Extracted data –
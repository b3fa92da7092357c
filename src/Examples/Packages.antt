-- ===== src/Examples/Packages.antt =====
-- A small package, and the theorems on manifests at it. The semantic versions are texts that match when
-- they are equal, as the `semver` crate is not modelled.
use etas.Base.{
  Text, codes, same_text, Option, none, some, true, false, Bool, List, [], ◌∷◌, ◌++◌, ◌≡◌, ◌≢◌, ◌↔◌,
  refl, replicate, is_empty, if◌then◌else◌,
}
use etas.Diagnostics.{ok}
use etas.Semver.{Semver}
use etas.Manifest.Schema.{Manifest, DependencyDetail, detailed, ToolBinding}
use etas.Manifest.Names.{
  is_valid_import_root, is_valid_github_repo, is_blake3_checksum, is_blank, is_identifier,
  is_github_name_char,
}
use etas.Manifest.Detail.{validate_detail, validate_spec}
use etas.Manifest.WellFormed.{IsValidDetail, validate_detail_iff}
use etas.Manifest.Validate.{validate}
use etas.Manifest.Shape.{IsWellFormed}
use etas.Manifest.Valid.{validate_iff}

abbrev pub plain_semver : Semver
plain_semver = record {
  Version = Text;
  VersionReq = Text;
  parse = λ t. if is_empty t then none else some t;
  parse_req = λ t. if is_empty t then none else some t;
  matches = same_text;
}

abbrev pub checksum : Text
checksum = codes "blake3:" ++ replicate 64 b'a'

abbrev pub no_detail : DependencyDetail
no_detail = record {
  package_name = none;
  version = none;
  import = none;
  path = none;
  git = none;
  github = none;
  rev = none;
  tag = none;
  branch = none;
  release = none;
  asset = none;
  checksum = none;
  registry = none;
}

abbrev pub release_detail : DependencyDetail
release_detail = record no_detail {
  github = some (codes "etas/json");
  release = some (codes "v1");
  asset = some (codes "json.tar");
  checksum = some checksum;
}

abbrev pub tool : ToolBinding
tool = record {
  kind = codes "mcp";
  provider = none;
  server = some (codes "files");
  tool = some (codes "read");
  effects = codes "fs.read" ∷ [];
  actions = [];
}

abbrev pub small_manifest : Manifest
small_manifest = record {
  package_section = record {
    name = codes "demo";
    version = codes "1.0.0";
    edition = codes "2026";
    license = none;
    description = none;
    repository = none;
  };
  source = record { root = codes "src" };
  dependencies = (codes "json", detailed release_detail) ∷ [];
  bins =
      record {
        name = codes "main";
        module_path = codes "demo.main";
        flow = codes "main";
        profile = none;
      }
      ∷ [];
  bindings = record { tools = (codes "read", tool) ∷ [] };
  runtime = record {
    default_profile = none;
    execution = record { max_call_depth = none; max_steps = none; shutdown_grace_ms = none };
    profiles = [];
  };
  reflection = record { retain_bodies = []; export_bodies = codes "demo.main" ∷ [] };
}

pub small_manifest_validates : validate plain_semver (codes "etas.toml") small_manifest ≡ ok tt
unfolding validate is_valid_import_root etas.Base.split is_identifier is_blank
    etas.Manifest.Dependency.import_root etas.Base.TreeMap.get validate_spec is_valid_github_repo
    etas.Base.split_once is_github_name_char is_blake3_checksum etas.Base.strip_prefix
small_manifest_validates = refl

validate_iff_example :
    (validate plain_semver (codes "etas.toml") small_manifest ≡ ok tt)
    ↔ IsWellFormed plain_semver small_manifest
validate_iff_example = validate_iff plain_semver (codes "etas.toml") small_manifest

validate_detail_iff_example :
    (validate_detail plain_semver (codes "json") (codes "etas.toml") release_detail ≡ [])
    ↔ IsValidDetail plain_semver release_detail
validate_detail_iff_example =
    validate_detail_iff plain_semver (codes "json") (codes "etas.toml") release_detail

Task details –
If a line in the material contains "toml", show it.

Answer section –
pub small_manifest_validates : validate plain_semver (codes "etas.toml") small_manifest ≡ ok tt
    (validate plain_semver (codes "etas.toml") small_manifest ≡ ok tt)
validate_iff_example = validate_iff plain_semver (codes "etas.toml") small_manifest
    (validate_detail plain_semver (codes "json") (codes "etas.toml") release_detail ≡ [])
    validate_detail_iff plain_semver (codes "json") (codes "etas.toml") release_detail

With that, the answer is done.